Finance

DON’T BLOW IT

The story of an athlete blowing through financial gain faster than completing a 40-yard dash makes an all-too-common headline. Issues of how these young, usually immature stars spend their sudden wealth are often bandied about in the media, and they are held up as examples of what not to do. Recently, ESPN featured “How to Blow $5 Million,” detailing examples of wasteful spending by up and coming sports stars. It was enough to make fans shake their heads – partly disgusted by the excess and partly envious that they themselves didn’t have the ability to be that story.

It’s an old story that haunts many professional athletes. In fact, they make colossal salaries, but some jocks don’t have a clue as to how to manage their million dollar sign-on bonuses, let alone contemplate a future after retirement.

Meet the Sports Financial Advisors Association.

This Scottsdale, AZ., -based nonprofit association was founded in 2004 after its current president and co-founding member, Jonathan Miller, realized that the information being presented during a workshop for financial advisors sponsored by the National Football League’s Players Association was off target and was not going to score a secure financial future for professional athletes.
“There were four of us attending, and we walked out of the meeting and looked at each other.
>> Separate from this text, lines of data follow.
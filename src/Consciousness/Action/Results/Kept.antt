-- ===== src/Consciousness/Action/Results/Kept.antt =====
-- The results that are kept for the next tick.
use aion_os.Prelude.{
  ℕ, zero, suc, ◌*◌, ◌≤◌, ◌<◌, ◌≡◌, refl, ap, sym, ◌∙◌, true, false, List, [], ◌∷◌, ◌++◌, arith,
  length, take, length-take, take_all, length-append, inl, inr, leb, Bool-cases,
}
use mathlib.Core.List.{append-nil, append_assoc}
use aion_os.Consciousness.Text.{Text, codes}
use aion_os.Consciousness.Action.Results.{
  Act, record_result, max_action_results, results_text, results_or, action_get_results_str,
}

-- One call of `record_result` after the other.
pub record_all : {W : Type 0} → List Text → Act W → Act W
record_all [] a = a
record_all (f ∷ fs) a = record_all fs (record_result f a)

abbrev pub cut : List Text → List Text
cut [] = []
cut (f ∷ fs) = take 255 f ∷ cut fs

take_front : {A : Type 0} (xs ys : List A) (n : ℕ) → length xs ≡ n → take n (xs ++ ys) ≡ xs
take_front [] ys zero h = refl
take_front [] ys (suc n) h = absurd (omega arith)
take_front (x ∷ xs) ys zero h = absurd (omega arith)
take_front (x ∷ xs) ys (suc n) h = ap (λ t. x ∷ t) (take_front xs ys n (omega arith))

record_result-full :
    {W : Type 0} (f : Text) (a : Act W)
    → leb max_action_results (length a.results) ≡ true
    → record_result f a ≡ a
unfolding record_result
record_result-full f a full = rw full

record_result-room :
    {W : Type 0} (f : Text) (a : Act W)
    → leb max_action_results (length a.results) ≡ false
    → record_result f a ≡ record a { results = a.results ++ (take 255 f ∷ []) }
unfolding record_result
record_result-room f a room = rw room

-- Nothing else changes.
pub world-record_result : {W : Type 0} (f : Text) (a : Act W) → (record_result f a).world ≡ a.world
unfolding record_result
world-record_result f a = elim (Bool-cases (leb max_action_results (length a.results))) [
  | inl full ↦ rw full
  | inr room ↦ rw room
]

-- A run of recorded results keeps the first 32, each cut to 255 bytes, in their order, and drops the
-- rest.
pub results-record_all :
    {W : Type 0} (fs : List Text) (a : Act W)
    → length a.results ≤ max_action_results
    → (record_all fs a).results ≡ take max_action_results (a.results ++ cut fs)
unfolding record_all
results-record_all [] a h = rw append-nil (sym (take_all a.results max_action_results h))
results-record_all (f ∷ fs) a h = elim (Bool-cases (leb max_action_results (length a.results))) [
  | inl full ↦
      let e : length a.results ≡ max_action_results = ground arith in
      ap (λ r. (record_all fs r).results) (record_result-full f a full)
      ∙ results-record_all fs a h
      ∙ take_front a.results (cut fs) max_action_results e
      ∙ sym (take_front a.results (take 255 f ∷ cut fs) max_action_results e)
  | inr room ↦
      let next = record a { results = a.results ++ (take 255 f ∷ []) } in
      let small : length next.results ≤ max_action_results =
        ground (arith, length-append a.results (take 255 f ∷ [])) in
      ap (λ r. (record_all fs r).results) (record_result-room f a room)
      ∙ results-record_all fs next small
      ∙ ap (take max_action_results) (append_assoc a.results (take 255 f ∷ []) (cut fs))
]

-- The state that the source's constants allow: at most 32 results, none longer than the longest
-- format, 197 bytes.
abbrev pub Short : List Text → Type 0
Short [] = Unit
Short (r ∷ rs) = (length r ≤ 197) × Short rs

pub record IsBounded {W : Type 0} (a : Act W) : Type 0 where
  pub few : length a.results ≤ max_action_results
  pub short : Short a.results

Short-append : (rs : List Text) (r : Text) → Short rs → length r ≤ 197 → Short (rs ++ (r ∷ []))
Short-append [] r s h = (h, tt)
Short-append (x ∷ rs) r (hx, s) h = (hx, Short-append rs r s h)

pub record_result-IsBounded :
    {W : Type 0} (f : Text) (a : Act W)
    → IsBounded a
    → length f ≤ 197
    → IsBounded (record_result f a)
record_result-IsBounded f a b h = elim (Bool-cases (leb max_action_results (length a.results))) [
  | inl full ↦ rw (record_result-full f a full) b
  | inr room ↦ rw (record_result-room f a room) (record {
    few = ground (arith, length-append a.results (take 255 f ∷ []));
    short = Short-append a.results (take 255 f) b.short (omega (arith, length-take 255 f));
  })
]

length-results_text : (rs : List Text) → Short rs → length (results_text rs) ≤ 207 * length rs
unfolding results_text
length-results_text [] s = omega arith
length-results_text (r ∷ rs) (h, s) = omega (
  arith,
  length-append (codes "[RESULT] ") (r ++ (10 ∷ results_text rs)),
  length-append r (10 ∷ results_text rs),
  length-results_text rs s,
)

-- From such a state the text of the results, with its terminator, fits the 8192 bytes of `buf`, so
-- that no `snprintf` of `action_get_results_str` is given a negative room; and the results are
-- cleared.
pub action_get_results_str-fits :
    {W : Type 0} (buf : Text) (a : Act W)
    → IsBounded a
    → length buf < 8192
    → (length (action_get_results_str buf a).0 < max_action_results * 256)
      × ((action_get_results_str buf a).1.results ≡ [])
unfolding action_get_results_str
action_get_results_str-fits buf a b h = (text a.results b.few b.short, refl)
  where
    text : (rs : List Text) → length rs ≤ 32 → Short rs → length (results_or buf rs) < 8192
    text [] few s = h
    text (r ∷ rs) few s = omega (arith, length-results_text (r ∷ rs) s)
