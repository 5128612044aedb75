-- ===== src/Consciousness/Action/Dispatch/Commands.antt =====
-- The scan of the model's output as a list of commands, and its termination.
use aion_os.Prelude.{
  ℕ, zero, suc, ◌<◌, ◌≡◌, none, some, List, [], ◌∷◌, arith, length, take, inl, inr, Option-cases,
}
use aion_os.Consciousness.Text.{Text, split_at, length-split_at}
use aion_os.Consciousness.Action.Handlers.{Services}
use aion_os.Consciousness.Action.Results.{Act}
use aion_os.Consciousness.Action.Dispatch.{
  Action, actions, first_match, run_action, scan, action_parse_and_execute,
}

-- The commands of a text, with their tokens: what the scan executes, without executing it.
unfoldable pub commands : ℕ → Text → List (Action × Text)
commands zero p = []
commands (suc fuel) p = elim (split_at b'<' p) [
  | none ↦ []
  | some (_, behind) ↦ elim (first_match actions behind) [
    | none ↦ commands fuel behind
    | some action ↦ elim (split_at b'>' behind) [
      | none ↦ commands fuel behind
      | some (token, rest) ↦ (action, take 2047 token) ∷ commands fuel rest
    ]
  ]
]

module _ {W : Type 0} (sv : Services W) where
  unfoldable pub run_all : List (Action × Text) → Act W → Act W
  run_all [] a = a
  run_all ((action, token) ∷ cs) a = run_all cs (run_action sv action token a)

  scan-commands :
      (fuel : ℕ) (p : Text) (a : Act W)
      → length p < fuel
      → scan sv fuel p a ≡ some (run_all (commands fuel p) a)
  unfolding scan commands run_all
  scan-commands zero p a h = absurd (omega arith)
  scan-commands (suc fuel) p a h = elim (Option-cases (split_at b'<' p)) [
    | inl e ↦ rw (e, scan, commands)
    | inr ((u, behind), e) ↦
        let short = length-split_at b'<' p u behind e in
        elim (Option-cases (first_match actions behind)) [
          | inl e' ↦
              rw (e, scan, commands)
                (rw (e', scan, commands) (scan-commands fuel behind a (omega (arith, short))))
          | inr (action, e') ↦ elim (Option-cases (split_at b'>' behind)) [
            | inl e'' ↦
                rw (e, scan, commands)
                  (rw (e', scan, commands)
                    (rw (e'', scan, commands) (scan-commands fuel behind a (omega (arith, short)))))
            | inr ((token, rest), e'') ↦
                rw (e, scan, commands)
                  (rw (e', scan, commands)
                    (rw (e'', scan, commands)
                      (scan-commands fuel rest _
                        (omega (arith, short, length-split_at b'>' behind token rest e'')))))
          ]
        ]
  ]

  pub action_parse_and_execute-commands :
      (output : Text) (a : Act W)
      → action_parse_and_execute sv output a
        ≡ some (run_all (commands (suc (length output)) output) a)
  unfolding action_parse_and_execute
  action_parse_and_execute-commands output a =
      scan-commands (suc (length output)) output a (omega arith)
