-- ===== src/Consciousness/Action/Dispatch/Bounded.antt =====
-- The results of a whole output fit the array and the buffer.
use aion_os.Prelude.{
  Bool, true, false, suc, ◌≡◌, some, List, [], ◌∷◌, arith, length, inl, inr, Option-cases,
  if◌then◌else◌,
}
use aion_os.Consciousness.Text.{Text, codes}
use aion_os.Consciousness.Action.Params.{parse_param_str}
use aion_os.Consciousness.Action.Handlers.{
  Services, act_display, act_display_pixel, act_display_clear, act_audio_freq, act_audio_pcm,
  act_audio_stop, act_memory_store, act_memory_recall, act_file_read, act_file_write, act_net_fetch,
  act_cpu_freq_set, act_sleep_ms, act_hardware_query,
}
use aion_os.Consciousness.Action.Results.{Act}
use aion_os.Consciousness.Action.Results.Kept.{IsBounded, record_result-IsBounded}
use aion_os.Consciousness.Action.Dispatch.{
  Action, display, display_pixel, display_clear, audio_freq, audio_pcm, audio_stop, memory_store,
  memory_recall, file_read, file_write, net_fetch, cpu_freq_set, sleep_ms, hardware_query,
  run_action, action_parse_and_execute,
}
use aion_os.Consciousness.Action.Dispatch.Commands.{
  commands, run_all, action_parse_and_execute-commands,
}

moved : {W : Type 0} (w : W) (a : Act W) → IsBounded a → IsBounded (record a { world = w })
moved w a b = record { few = b.few; short = b.short }

choice :
    {W : Type 0} (c : Bool) (a b : Act W)
    → IsBounded a
    → IsBounded b
    → IsBounded (if c then a else b)
choice true a b ha hb = ha
choice false a b ha hb = hb

module _ {W : Type 0} (sv : Services W) where
  act_audio_pcm-IsBounded :
      (token : Text) (a : Act W) → IsBounded a → IsBounded (act_audio_pcm sv token a)
  unfolding act_audio_pcm
  act_audio_pcm-IsBounded token a b =
      elim (Option-cases (parse_param_str token (codes "data") 4096)) [
        | inl e ↦ rw (e, act_audio_pcm) b
        | inr (hex, e) ↦
            rw (e, act_audio_pcm) (record_result-IsBounded _ _ (moved _ a b) (omega arith))
      ]

  run_action-IsBounded :
      (action : Action) (token : Text) (a : Act W)
      → IsBounded a
      → IsBounded (run_action sv action token a)
  unfolding run_action act_display act_display_pixel act_display_clear act_audio_freq act_audio_stop
      act_memory_store act_memory_recall act_file_read act_file_write act_net_fetch act_cpu_freq_set
      act_sleep_ms act_hardware_query
  run_action-IsBounded display token a b = record_result-IsBounded _ _ (moved _ a b) (omega arith)
  run_action-IsBounded display_pixel token a b = moved _ a b
  run_action-IsBounded display_clear token a b =
      record_result-IsBounded _ _ (moved _ a b) (omega arith)
  run_action-IsBounded audio_freq token a b =
      record_result-IsBounded _ _ (moved _ a b) (omega arith)
  run_action-IsBounded audio_pcm token a b = act_audio_pcm-IsBounded token a b
  run_action-IsBounded audio_stop token a b =
      record_result-IsBounded _ _ (moved _ a b) (omega arith)
  run_action-IsBounded memory_store token a b =
      record_result-IsBounded _ _ (moved _ a b) (omega arith)
  run_action-IsBounded memory_recall token a b =
      choice _ _ _ (record_result-IsBounded _ _ b (omega arith))
        (record_result-IsBounded _ _ b (omega arith))
  run_action-IsBounded file_read token a b =
      choice _ _ _ (record_result-IsBounded _ _ b (omega arith))
        (record_result-IsBounded _ _ b (omega arith))
  run_action-IsBounded file_write token a b =
      choice _ _ _ (record_result-IsBounded _ _ b (omega arith))
        (record_result-IsBounded _ _ (moved _ a b) (omega arith))
  run_action-IsBounded net_fetch token a b =
      choice _ _ _ (record_result-IsBounded _ _ b (omega arith))
        (record_result-IsBounded _ _ b (omega arith))
  run_action-IsBounded cpu_freq_set token a b =
      record_result-IsBounded _ _ (moved _ a b) (omega arith)
  run_action-IsBounded sleep_ms token a b = record_result-IsBounded _ _ b (omega arith)
  run_action-IsBounded hardware_query token a b = record_result-IsBounded _ _ b (omega arith)

  run_all-IsBounded :
      (cs : List (Action × Text)) (a : Act W) → IsBounded a → IsBounded (run_all sv cs a)
  unfolding run_all
  run_all-IsBounded [] a b = b
  run_all-IsBounded ((action, token) ∷ cs) a b =
      run_all-IsBounded cs _ (run_action-IsBounded action token a b)

  -- Executing any output ends, and keeps the results within their bounds: at most 32 of them, none
  -- longer than 197 bytes.
  pub action_parse_and_execute-IsBounded :
      (output : Text) (a : Act W)
      → IsBounded a
      → (r : Act W) × (action_parse_and_execute sv output a ≡ some r) × IsBounded r
  action_parse_and_execute-IsBounded output a b = (
    run_all sv (commands (suc (length output)) output) a,
    action_parse_and_execute-commands sv output a,
    run_all-IsBounded _ a b,
  )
We all felt that the program was just an attempt at marketing, and that we needed to do something more about the financial problems of professional athletes,” Miller said.

It may be tempting to think that someone being paid millions of dollars to play a game doesn’t have any financial challenges.

“In reality, the opposite is quite true,” Miller said.

“The biggest issue really is no different than for a lottery winner. It is sudden money, and they do not know how to deal with that. A young man or woman in their 20s, who is also in the public eye, being given a ton of wealth – with very little education on how to handle that wealth – becomes a target,” Miller noted. “It is a very difficult position to be in. There is a lot of peer pressure and a lot of ego. They need that ego and self-confidence to play at the elite level, but all too often it spills over into their financial lives. They figure, ‘I am the world’s best at what I do, so I must be the best at everything.’”

So much of the time, they don’t have even the most basic money skills. They don't know about balancing a checkbook, let alone figuring out how to invest the huge payout so that it lasts a long time after leaving their respective court or field of play.

That’s why Miller and the SFAA are pushing for a comprehensive education program for athletes. This program would begin in high school, continue on through college, and would remain as part of their contracts and training throughout any time spent playing professionally. The reason is because the game isn’t going to be played forever. That day of transition from being a paid athlete is coming.

“Most aren’t ready for it,” Miller said.

“Every athlete hits a period of transition – whether that means failing to be drafted out of college or even being picked up by a college out of high school. It also means getting injured while playing in college; or playing at a professional level and eventually either getting cut, injured or playing out a full career and retiring,” he added. “That transition is very difficult. We are trying to work with the athletes to educate them.”

Miller devotes significant chunks of time to making sure that student athletes are well cared-for from a financial perspective. His most pressing concern, though, is equipping other financial advisors to assist athletes, coaches and retirees via the association. The SFAA conference is held every year to teach athletes, their advisors and families about the intricacies of working with professional athletes. Advisors need to understand the playbook when it comes to the financial needs of athletes for whom the income is a one-time shot. This differs from other well-heeled professionals, such as doctors or lawyers, for whom income is consistent over time, rather than coming as a gushing blast of financial gain that quickly chokes off once the athletic performance is over.

“If you give a doctor a million dollars when he turns 22 – and he blows it – that's okay because he can go out and have a salary, and have the potential to earn money,” Miller said. “But for an athlete, the big money comes only once.”

Miller’s primary focus isn’t solely on getting those lump sums invested quickly and appropriately, either. He also talks seriously with athlete clients about their attitudes toward money and toward their own futures. This is especially true with college athletes who, under pressure from college coaches and administrators, can be taken advantage of in terms of being told to focus on their sport rather than balancing their time with education on their future financial decisions.

“For example, they can be told that if they aren’t thinking about football 100 percent of the time, they are stealing from the university – and so some of them end up not performing up to their academic potential, which will impact them later in life,” Miller said. “That kind of pressure is something our association is working to end.”

Miller’s hope is that someday soon, stories of athletes making prudent financial decisions and setting secure courses for themselves and their families will outnumber those sad stories, written to pull on the heartstrings of fans, that point out excessive spending by a once-favorite star player who’s now financially destitute.